**REQUIRED ACTION**.
Locate the line bearing "pub limit : ℕ" in the material below, then reproduce it and each following line up to and including the line bearing "-- the handle".

**DATA TO USE**.
§ §

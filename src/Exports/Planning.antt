-- ===== src/Exports/Planning.antt =====
-- src/exports/scan_planning.rs: what of a query is left to the service.
use duckdb_superhuman_docs.Base.{
  Text, Bool, true, false, Option, none, some, Result, ok, err, Error, codes, if◌then◌else◌,
}
use duckdb_superhuman_docs.Json.{Serde}
use duckdb_superhuman_docs.Model.Capability.{
  has_capability, column_filter_equality, column_sort_asc,
}
use duckdb_superhuman_docs.Memory.{Heap, Ptr, and_maybe}
use duckdb_superhuman_docs.Memory.Strings.{FfiString, empty_string, alloc_string}
use duckdb_superhuman_docs.Ffi.{InputValue}
use duckdb_superhuman_docs.Ffi.Blocks.{Block, contents}
use duckdb_superhuman_docs.Mutation.Payload.{build_equality_query}
use duckdb_superhuman_docs.Exports.{Body, Returns, write_out, ffi_bool, column_from_handle}

-- the output pointers of the query and of its description
abbrev pub Outs : Type 0
Outs = Option FfiString × Option FfiString

-- `write_out(out_query, query)?`, then `write_out(out_description, description)?`
both_out : Outs → FfiString → FfiString → Outs × Result (Unit {0})
unfolding write_out
both_out (none, second) query description = ((none, second), (write_out none query).1)
both_out (some first, second) query description =
    let (second', r) = write_out second description in ((some query, second'), r)

module _ {N S : Type 0} where
  -- the result is whether the column may be sorted by and the pointer was not null
  unfoldable pub rust_ext_scan_sort_by :
      Ptr
      → Option FfiString
      → Heap (Block N S)
      → Option (Bool × Option FfiString × Heap (Block N S))
  unfolding column_from_handle alloc_string
  rust_ext_scan_sort_by column out h = and_maybe (column_from_handle column h) λ found. elim found [
    | err e ↦ some (false, out, h)
    | ok column' ↦
        if has_capability column'.capabilities column_sort_asc
        then (let (text, h') = alloc_string contents column'.id h in
            elim out [ none ↦ some (false, none, h') | some old ↦ some (true, some text, h') ])
        else elim out [
          | none ↦ some (false, none, h)
          | some old ↦ some (false, some empty_string, h)
        ]
  ]

  unfoldable pub rust_ext_scan_can_filter_equality : Ptr → Heap (Block N S) → Option Bool
  unfolding column_from_handle
  rust_ext_scan_can_filter_equality column h = and_maybe (column_from_handle column h) λ found.
      elim found [
        | err e ↦ some false
        | ok column' ↦ some (has_capability column'.capabilities column_filter_equality)
      ]

  module _ {F W : Type 0} (serde : Serde N F) (display : Error → Text) where
    equality_body : Ptr → InputValue F → Outs → Body (Block N S) W Outs
    unfolding column_from_handle alloc_string both_out
    equality_body column value outs h w = and_maybe (column_from_handle column h) λ found.
        elim found [
          | err e ↦ some ((outs, err e), h, w)
          | ok column' ↦ elim (build_equality_query serde column'.id column'.name value) [
            | err e ↦ some ((outs, err e), h, w)
            | ok texts ↦
                let (query, h₁) = alloc_string contents texts.0 h in
                let (description, h₂) = alloc_string contents texts.1 h₁ in
                some (both_out outs query description, h₂, w)
          ]
        ]

    unfoldable pub rust_ext_build_equality_query :
        Ptr
        → InputValue F
        → Outs
        → Option FfiString
        → Heap (Block N S)
        → W
        → Returns (Block N S) W Outs
    unfolding ffi_bool equality_body
    rust_ext_build_equality_query column value outs error h w =
        ffi_bool display (codes "failed to build Superhuman Docs equality query") error
          (equality_body column value outs) h w
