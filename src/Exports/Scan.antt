-- ===== src/Exports/Scan.antt =====
-- src/exports/scan.rs, but for the values of cells: scans that DuckDB opens, reads and closes.
use duckdb_superhuman_docs.Base.{ℕ, Text, Option, none, some, Result, ok, err, Error, codes}
use duckdb_superhuman_docs.Json.{Serde}
use duckdb_superhuman_docs.Sdk.Calls.{Network}
use duckdb_superhuman_docs.Memory.{Heap, Mem, Reading, Ptr, and_maybe, into_raw, put, ref_from_raw}
use duckdb_superhuman_docs.Memory.Strings.{FfiString, as_str}
use duckdb_superhuman_docs.Ffi.Structs.{FfiScanBatch}
use duckdb_superhuman_docs.Ffi.Blocks.{Block, contents, scan_box}
use duckdb_superhuman_docs.Json.Handles.{ffi_scan_batch, free_scan_batch, free_handle}
use duckdb_superhuman_docs.Client.Scan.{
  ScanHandle, ScanRequest, ScanBatch, Scanned, scan_new, next_batch,
}
use duckdb_superhuman_docs.Mutation.Rows.{Waits}
use duckdb_superhuman_docs.Exports.{
  Act, Body, Returns, onward, reading, building, block_on_result, writes, ffi_bool, client_config,
  table_from_handle,
}

-- `RustExtScanRequest`
pub record FfiScanRequest : Type 0 where
  pub filter : FfiString
  pub order : FfiString
  pub limit : ℕ

abbrev pub ScanBlock : Type 0 → Type 0 → Type 0 → Type 0
ScanBlock N F W = Block N (ScanHandle W F)

module _ {N F W : Type 0} where
  -- the texts of a request, which are read whether or not the client can be made
  unfoldable pub scan_request : FfiScanRequest → Reading (ScanBlock N F W) ScanRequest
  unfolding as_str
  scan_request request h = and_maybe (as_str contents request.filter h) λ filter.
      and_maybe (as_str contents request.order h)
        λ order. some (record { filter = filter; order = order; limit = request.limit })

  -- `ScanHandle::new(client_config(config)?, table_from_handle(table)?, request)?`, in a box
  unfoldable pub opened : Network W F → Ptr → Ptr → FfiScanRequest → Act (ScanBlock N F W) W Ptr
  unfolding client_config table_from_handle scan_request into_raw scan_new
  opened network config table request h w =
      onward (reading (client_config config) h w) λ config' h w.
        onward (reading (table_from_handle table) h w) λ table' h w.
          and_maybe (scan_request request h) λ request'.
            onward (some (scan_new network config' table' request', h, w))
              λ handle h w. building (into_raw scan_box handle) h w

  -- the handle as a part of the world, for a future that changes it
  abbrev with_handle : Option (Scanned (ScanBatch N) W F) → Waits (ScanHandle W F × W) (ScanBatch N)
  with_handle none = none
  with_handle (some (r, handle, w)) = some (r, (handle, w))

  -- what a call of `next_batch` leaves: the handle in its box, and its batch as handles
  unfoldable pub handed :
      Ptr
      → Option (Result (ScanBatch N) × Heap (ScanBlock N F W) × (ScanHandle W F × W))
      → Option (Result FfiScanBatch × Heap (ScanBlock N F W) × W)
  unfolding put ffi_scan_batch
  handed scan none = none
  handed scan (some (err e, h, (handle, w))) = some (err e, put scan_box scan handle h, w)
  handed scan (some (ok batch, h, (handle, w))) =
      building (ffi_scan_batch batch.rows batch.finished) (put scan_box scan handle h) w

  unfoldable pub rust_ext_scan_close : Ptr → Mem (ScanBlock N F W) (Unit {0})
  unfolding free_handle
  rust_ext_scan_close scan = free_handle scan_box scan

  unfoldable pub rust_ext_free_scan_batch : FfiScanBatch → Mem (ScanBlock N F W) (Unit {0})
  unfolding free_scan_batch
  rust_ext_free_scan_batch batch = free_scan_batch batch

  module _ (serde : Serde N F) (runtime : Result (Unit {0})) where
    -- `handle.next_batch()` on the handle in the box
    unfoldable pub advanced : ℕ → Ptr → ScanHandle W F → Act (ScanBlock N F W) W FfiScanBatch
    unfolding block_on_result handed
    advanced fuel scan handle h w = handed scan (
        block_on_result {W = ScanHandle W F × W} {A = ScanBatch N} runtime
          (λ s. with_handle (next_batch serde fuel s.0 s.1)) h (handle, w))

    unfoldable pub next_body :
        ℕ → Ptr → Option FfiScanBatch → Body (ScanBlock N F W) W (Option FfiScanBatch)
    unfolding ref_from_raw writes advanced
    next_body fuel scan out h w = writes out (
        onward (reading (ref_from_raw scan_box scan "scan handle") h w)
          λ handle h w. advanced fuel scan handle h w)

  module _ (display : Error → Text) where
    unfoldable pub rust_ext_scan_open :
        Network W F
        → Ptr
        → Ptr
        → FfiScanRequest
        → Option Ptr
        → Option FfiString
        → Heap (ScanBlock N F W)
        → W
        → Returns (ScanBlock N F W) W (Option Ptr)
    unfolding ffi_bool writes opened
    rust_ext_scan_open network config table request out error h w =
        ffi_bool display (codes "failed to open Superhuman Docs scan") error
          (λ h w. writes out (opened network config table request h w)) h w

    unfoldable pub rust_ext_scan_next :
        Serde N F
        → Result (Unit {0})
        → ℕ
        → Ptr
        → Option FfiScanBatch
        → Option FfiString
        → Heap (ScanBlock N F W)
        → W
        → Returns (ScanBlock N F W) W (Option FfiScanBatch)
    unfolding ffi_bool next_body
    rust_ext_scan_next serde runtime fuel scan out error h w =
        ffi_bool display (codes "failed to fetch next Superhuman Docs scan batch") error
          (next_body serde runtime fuel scan out) h w
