-- ===== src/Sdk/Execution.antt =====
-- `SdkClient::execute`, `execute_accepting_status` and `validate_token` of src/sdk.rs with
-- `HttpTransport::dispatch` of src/sdk/transport.rs. The SDK's operations and the HTTP client are
-- not of this repository: an operation is given by the requests that it sends through the transport
-- and what it makes of their answers, and the HTTP client is a function of the world. The locks are
-- not modelled: an execution holds them throughout.
pub mod Fresh
mod Tests
use duckdb_superhuman_docs.Base.{
  ℕ, Text, String, List, [], ◌∷◌, Bool, true, false, Option, none, some, Result, ok, err, Error,
  Exec, and_then, continue, pure, raise, lift, ◌==◌, if◌then◌else◌, sdk_message, no_response,
  unexpected_accepted_status, ◌>>=◌,
}
use duckdb_superhuman_docs.Sdk.Calls.{Call, SdkClient, Network, whoami}

-- The SDK's `Request` and `Response`; a body is a list of bytes.
pub record Request : Type 0 where
  pub method : Text
  pub url : Text
  pub body : Option (List ℕ)
  pub expected_status : ℕ

pub record Response : Type 0 where
  pub status : ℕ
  pub body : List ℕ

-- the variants of the SDK's `Error` that the source tells apart, with their texts
pub data SdkError : Type 0 where
  deserialize : Text → SdkError
  unexpected_status : ℕ → Text → SdkError
  other : Text → SdkError

-- `error.to_string()`
error_text : SdkError → Error
error_text (deserialize message) = sdk_message message
error_text (unexpected_status actual message) = sdk_message message
error_text (other message) = sdk_message message

pub data Answer (A : Type 0) : Type 0 where
  answered : A → Answer A
  failed : SdkError → Answer A

-- An operation of the SDK: what it sends, and whether it succeeds in the end.
pub data Operation : Type 0 where
  done : Answer (Unit {0}) → Operation
  send : Request → (Answer Response → Operation) → Operation

pub record Exchange : Type 0 where
  pub expected_status : ℕ
  pub response : Response

-- `TransportState`: its exchange
abbrev pub TransportState : Type 0
TransportState = Option Exchange

-- the exchange that is kept of a request
abbrev pub exchange_of : Request → Response → Exchange
exchange_of request response = record {
  expected_status = request.expected_status;
  response = response;
}

-- What the SDK and the HTTP client are given by.
pub record Sdk (W F : Type 0) : Type 0 where
  -- `send_http_request`
  pub http : Request → W → Answer Response × W
  pub operation : Call F → Operation
  -- `String::from_utf8`
  pub from_utf8 : List ℕ → Result Text

module _ {W F : Type 0} (sdk : Sdk W F) where
  -- `HttpTransport::dispatch`: what the transport keeps of an answer
  recorded : Request → Answer Response → TransportState → TransportState
  recorded request (answered response) state = some (exchange_of request response)
  recorded request (failed error) state = state

  -- `operation(&self.client).await`, with the state of the transport
  run : Operation → TransportState → W → Answer (Unit {0}) × TransportState × W
  run (done result) state w = (result, state, w)
  run (send request next) state w =
      let (answer, w') = sdk.http request w in run (next answer) (recorded request answer state) w'

  -- `response_body`
  response_body : Response → Result Text
  response_body response = sdk.from_utf8 response.body

  -- the body of a response, marked as one
  body_of : Exchange → Result (Option Text)
  body_of exchange = and_then (response_body exchange.response) (λ body. ok (some body))

  -- whether a status is the one that the caller accepts
  accepts : Option ℕ → ℕ → Bool
  accepts none actual = false
  accepts (some status) actual = status == actual

  -- the `match` on the result and the exchange
  outcome : Option ℕ → Answer (Unit {0}) → Option Exchange → Result (Option Text)
  outcome accepted (answered _) (some exchange) = body_of exchange
  outcome accepted (answered _) none = err no_response
  outcome accepted (failed (deserialize message)) (some exchange) =
      if exchange.response.status == exchange.expected_status
      then body_of exchange
      else err (sdk_message message)
  outcome accepted (failed (unexpected_status actual message)) (some exchange) =
      if accepts accepted actual then ok none else err (sdk_message message)
  outcome accepted (failed error) _ = err (error_text error)

  -- The state of the transport is cleared before, and taken after the operation.
  abbrev concluded :
      Option ℕ → Answer (Unit {0}) × TransportState × W → Result (Option Text) × TransportState × W
  concluded accepted (result, exchange, w) = (outcome accepted result exchange, none, w)

  pub execute_inner :
      Option ℕ → Operation → TransportState → W → Result (Option Text) × TransportState × W
  execute_inner accepted operation state w = concluded accepted (run operation none w)

  -- `.ok_or_else(…)` on what `execute_inner` returned
  required : Result (Option Text) → Result Text
  required (ok (some body)) = ok body
  required (ok none) = err unexpected_accepted_status
  required (err error) = err error

  pub execute : Operation → TransportState → W → Result Text × TransportState × W
  execute operation state w =
      let (result, state', w') = execute_inner none operation state w in
      (required result, state', w')

  pub execute_accepting_status :
      ℕ → Operation → TransportState → W → Result (Option Text) × TransportState × W
  execute_accepting_status status operation state w = execute_inner (some status) operation state w

  -- The client that the other components use, the transport's state left out: it starts empty.
  pub client : SdkClient W F
  client = record {
    execute = λ call w. let (result, _, w') = execute (sdk.operation call) none w in (result, w');
    execute_accepting_status = λ status call w.
        let (result, _, w') = execute_accepting_status status (sdk.operation call) none w in
        (result, w');
  }

module _ {W F : Type 0} (network : Network W F) where
  unfoldable pub validate_token_at : Text → Text → Exec W (Unit {0})
  validate_token_at base_url credential w =
      continue (lift (network.at base_url credential) w)
        λ sdk w'. continue (sdk.execute whoami w') (λ body. pure tt)

  unfoldable pub validate_token : Text → Exec W (Unit {0})
  unfolding validate_token_at
  validate_token credential = validate_token_at network.default_base_url credential
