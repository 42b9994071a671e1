-- ===== src/Secret.antt =====
-- src/secret.rs: a DuckDB secret of type `superhuman_docs`. The environment is a parameter; the
-- memory of secrets is in Exports/Secrets.antt, and the fields of the input that are not read are
-- left out.
pub mod Created
pub mod Tests
use duckdb_superhuman_docs.Base.{
  ℕ, Text, List, [], ◌∷◌, Bool, Option, none, some, Result, ok, err, Exec, codes, is_empty, not,
  text_eq, ◌==◌, if◌then◌else◌, ◌>>=◌, ◌>>◌, lift, pure, raise, require, token_and_token_env,
  null_secret_option, unknown_secret_type, unknown_parameter,
}
use duckdb_superhuman_docs.Base.Decimal.{to_string}
use duckdb_superhuman_docs.Base.Ascii.{eq_ignore_ascii_case}
use duckdb_superhuman_docs.Json.{Serde}
use duckdb_superhuman_docs.Ffi.{InputValue}
use duckdb_superhuman_docs.Sdk.Calls.{Network}
use duckdb_superhuman_docs.Sdk.Execution.{validate_token}
use duckdb_superhuman_docs.Mutation.Payload.{i64_text, bool_text}
use duckdb_superhuman_docs.Attach.Resolve.{secret_scope_prefix}

abbrev pub secret_type_name : Text
secret_type_name = codes "superhuman_docs"

-- `RustExtSecretCreateInput`: its type, its scopes and its options
pub record SecretInput (F : Type 0) : Type 0 where
  pub secret_type : Text
  pub scope : List Text
  pub options : List (Text × InputValue F)

-- `RustExtSecretCreateResult`; each entry is a named text
pub record Secret : Type 0 where
  pub scope : List Text
  pub entries : List (Text × Text)
  pub redact_keys : List Text

-- `input.scope`, or the general scope
abbrev pub scopes : List Text → List Text
scopes [] = secret_scope_prefix ∷ []
scopes (scope ∷ rest) = scope ∷ rest

-- `credential.replace(resolved)`, an error where there was a credential
replace : Option Text → Text → Result (Option Text)
replace none resolved = ok (some resolved)
replace (some credential) resolved = err token_and_token_env

module _ {N F W : Type 0} (serde : Serde N F) (network : Network W F)
    (env_var : Text → Exec W Text) where
  option_value : InputValue F → Result Text
  option_value value =
      if value.value_type == 1
      then ok (bool_text value.bool_value)
      else if value.value_type == 2
      then ok (i64_text value.int_value)
      else if value.value_type == 3
      then ok (to_string value.uint_value)
      else if value.value_type == 4
      then ok (serde.float_text value.double_value)
      else if value.value_type == 5
      then ok value.string_value
      else err null_secret_option

  -- what an option of the given name gives
  resolved : Text → Text → Text → Exec W Text
  resolved secret_type name value =
      if eq_ignore_ascii_case name (codes "token")
      then pure value
      else if eq_ignore_ascii_case name (codes "token_env")
      then env_var value
      else raise (unknown_parameter secret_type name)

  -- the loop over the options, with the credential so far
  credential_from : Text → Option Text → List (Text × InputValue F) → Exec W (Option Text)
  credential_from secret_type credential [] = pure credential
  credential_from secret_type credential ((name, value) ∷ options) = do
    text ← lift (option_value value)
    found ← resolved secret_type name text
    credential' ← lift (replace credential found)
    credential_from secret_type credential' options

  -- the entry of a credential, which the service has to accept
  entry_of : Option Text → Exec W (List (Text × Text))
  entry_of none = pure []
  entry_of (some credential) = do
    _ ← validate_token network credential
    pure ((codes "token", credential) ∷ [])

  pub create_secret : SecretInput F → Exec W Secret
  create_secret input = do
    require (text_eq input.secret_type secret_type_name) (unknown_secret_type input.secret_type)
    credential ← credential_from input.secret_type none input.options
    entries ← entry_of credential
    pure
        (record { scope = scopes input.scope; entries = entries; redact_keys = codes "token" ∷ [] })
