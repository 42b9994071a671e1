-- ===== src/Exports/Secrets.antt =====
-- The memory of secrets: the end of `create_secret` and `free_secret` in src/secret.rs, and
-- src/exports/secret.rs.
mod Ranges
pub mod Lifetime
use duckdb_superhuman_docs.Base.{
  ℕ, Text, List, Bool, Option, none, some, Result, Error, codes, Exec, ◌==◌, if◌then◌else◌,
}
use duckdb_superhuman_docs.Json.{Serde}
use duckdb_superhuman_docs.Sdk.Calls.{Network}
use duckdb_superhuman_docs.Secret.{SecretInput, Secret, create_secret}
use duckdb_superhuman_docs.Memory.{Heap, Mem, Building, Ptr, map_each, vec_into_raw_parts, free_vec}
use duckdb_superhuman_docs.Memory.Owned.{seq, done}
use duckdb_superhuman_docs.Memory.Strings.{FfiString, alloc_string, free}
use duckdb_superhuman_docs.Ffi.Structs.{FfiNamedValue, FfiSecret}
use duckdb_superhuman_docs.Ffi.Blocks.{Block, strings_buffer, named_buffer, contents}
use duckdb_superhuman_docs.Mutation.Rows.{Waits}
use duckdb_superhuman_docs.Exports.{
  Body, Returns, onward, building, block_on_result, writes, ffi_bool,
}

module _ {N S : Type 0} where
  -- the entry of a credential, whose value has the type of a string
  unfoldable pub ffi_entry : Text × Text → Building (Block N S) FfiNamedValue
  unfolding alloc_string
  ffi_entry (name, credential) h =
      let (name', h₁) = alloc_string contents name h in
      let (value, h₂) = alloc_string contents credential h₁ in
      (record { name = name'; value_type = 5; string_value = value }, h₂)

  -- the strings of all the parts, and then the buffers of the three vectors
  unfoldable pub ffi_secret : Secret → Building (Block N S) FfiSecret
  unfolding map_each ffi_entry alloc_string vec_into_raw_parts
  ffi_secret secret h =
      let (entries, h₁) = map_each ffi_entry secret.entries h in
      let (scope, h₂) = map_each (alloc_string contents) secret.scope h₁ in
      let (keys, h₃) = map_each (alloc_string contents) secret.redact_keys h₂ in
      let (scope', h₄) = vec_into_raw_parts strings_buffer scope h₃ in
      let (entries', h₅) = vec_into_raw_parts named_buffer entries h₄ in
      let (keys', h₆) = vec_into_raw_parts strings_buffer keys h₅ in
      (record { scope = scope'; entries = entries'; redact_keys = keys' }, h₆)

  abbrev value_free : FfiNamedValue → Mem (Block N S) (Unit {0})
  value_free entry h = if entry.value_type == 5 then free contents entry.string_value h else done h

  unfoldable pub free_entry : FfiNamedValue → Mem (Block N S) (Unit {0})
  unfolding free
  free_entry entry = seq (free contents entry.name) (value_free entry)

  unfoldable pub free_secret : FfiSecret → Mem (Block N S) (Unit {0})
  unfolding free_vec free free_entry
  free_secret secret = seq (free_vec strings_buffer (free contents) secret.scope) (
      seq (free_vec named_buffer free_entry secret.entries)
        (free_vec strings_buffer (free contents) secret.redact_keys))

  unfoldable pub rust_ext_free_secret : FfiSecret → Mem (Block N S) (Unit {0})
  unfolding free_secret
  rust_ext_free_secret secret = free_secret secret

  module _ {F W : Type 0} (serde : Serde N F) (network : Network W F) (env_var : Text → Exec W Text)
      (runtime : Result (Unit {0})) (display : Error → Text) where
    secret_body : SecretInput F → Option FfiSecret → Body (Block N S) W (Option FfiSecret)
    unfolding writes block_on_result ffi_secret
    secret_body input out h w = writes out (
        onward
          (block_on_result runtime (λ w. some (create_secret serde network env_var input w)) h w)
          λ secret h w. building (ffi_secret secret) h w)

    unfoldable pub rust_ext_create_secret :
        SecretInput F
        → Option FfiSecret
        → Option FfiString
        → Heap (Block N S)
        → W
        → Returns (Block N S) W (Option FfiSecret)
    unfolding ffi_bool secret_body
    rust_ext_create_secret input out error h w =
        ffi_bool display (codes "failed to create extension secret") error (secret_body input out) h
          w
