-- ===== src/Credential/Rotation.antt =====
-- apps/controller/src/security/credentials.ts: issuing a credential rotates it.
use remote_build_orchestrato.Common.{
  ℕ, ◌+◌, ◌≡◌, false, none, some, ok, arith, ltb, ◌*◌, ◌/◌, ◌==◌, if◌then◌else◌,
}
use remote_build_orchestrato.Credential.{
  AgentRow, Agents, Claims, claims_of, issue_agent_credential, verify_agent_credential,
  VerifiedCredential,
}

-- An Agent that may hold a credential: not revoked, with a key on record that has its thumbprint.
pub record Enrolled (thumbprint : ℕ → ℕ) (agents : Agents) (id : ℕ) : Type 0 where
  pub row : AgentRow
  pub key : ℕ
  pub stored : agents id ≡ some row
  pub in_force : row.revoked_at ≡ none
  pub keyed : row.device_public_key ≡ some key
  pub printed : row.device_thumbprint ≡ some (thumbprint key)

module _ (thumbprint : ℕ → ℕ) (agents : Agents) (controller_id id now_ms : ℕ) where
  -- The credential of an enrolled Agent verifies from its issue on for thirty days, counted in whole
  -- seconds, and no longer: as that Agent with the key on record and the next version. The other
  -- Agents are left as they were.
  pub issued-verifies :
      (e : Enrolled thumbprint agents id) (at_ms : ℕ)
      → let (after, issued) = issue_agent_credential agents controller_id id now_ms in
        (claims : Claims) × (issued ≡ ok claims)
        × (verify_agent_credential thumbprint after controller_id (some claims) at_ms ≡ (
            if ltb (at_ms / 1000) (now_ms / 1000 + 30 * 24 * 3600)
            then some (record {
              agent_id = id;
              device_public_key = e.key;
              credential_version = e.row.credential_version + 1;
            })
            else none))
        × ((j : ℕ) → (j == id) ≡ false → after j ≡ agents j)
  unfolding issue_agent_credential verify_agent_credential
  issued-verifies e at_ms = (
    claims_of controller_id id (thumbprint e.key) (e.row.credential_version + 1) now_ms,
    ground arith,
    ground arith,
    λ j other. ground arith,
  )

  -- Issuing a credential ends the ones before: a credential that verified for the Agent at some time
  -- no longer does at any time.
  pub older_refused :
      (older : Claims) (v : VerifiedCredential) (before_ms at_ms : ℕ)
      → older.sub ≡ id
      → verify_agent_credential thumbprint agents controller_id (some older) before_ms ≡ some v
      → let after = (issue_agent_credential agents controller_id id now_ms).0 in
        verify_agent_credential thumbprint after controller_id (some older) at_ms ≡ none
  unfolding issue_agent_credential verify_agent_credential
  older_refused older v before_ms at_ms same h = ground arith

§ §

**EXPECTED ANSWER**.
  pub limit : ℕ

abbrev pub ScanBlock : Type 0 → Type 0 → Type 0 → Type 0
ScanBlock N F W = Block N (ScanHandle W F)

module _ {N F W : Type 0} where
  -- the texts of a request, which are read whether or not the client can be made
  unfoldable pub scan_request : FfiScanRequest → Reading (ScanBlock N F W) ScanRequest
  unfolding as_str
  scan_request request h = and_maybe (as_str contents request.filter h) λ filter.
      and_maybe (as_str contents request.order h)
        λ order. some (record { filter = filter; order = order; limit = request.limit })

  -- `ScanHandle::new(client_config(config)?, table_from_handle(table)?, request)?`, in a box
  unfoldable pub opened : Network W F → Ptr → Ptr → FfiScanRequest → Act (ScanBlock N F W) W Ptr
  unfolding client_config table_from_handle scan_request into_raw scan_new
  opened network config table request h w =
      onward (reading (client_config config) h w) λ config' h w.
        onward (reading (table_from_handle table) h w) λ table' h w.
          and_maybe (scan_request request h) λ request'.
            onward (some (scan_new network config' table' request', h, w))
              λ handle h w. building (into_raw scan_box handle) h w

  -- the handle as a part of the world, for a future that changes it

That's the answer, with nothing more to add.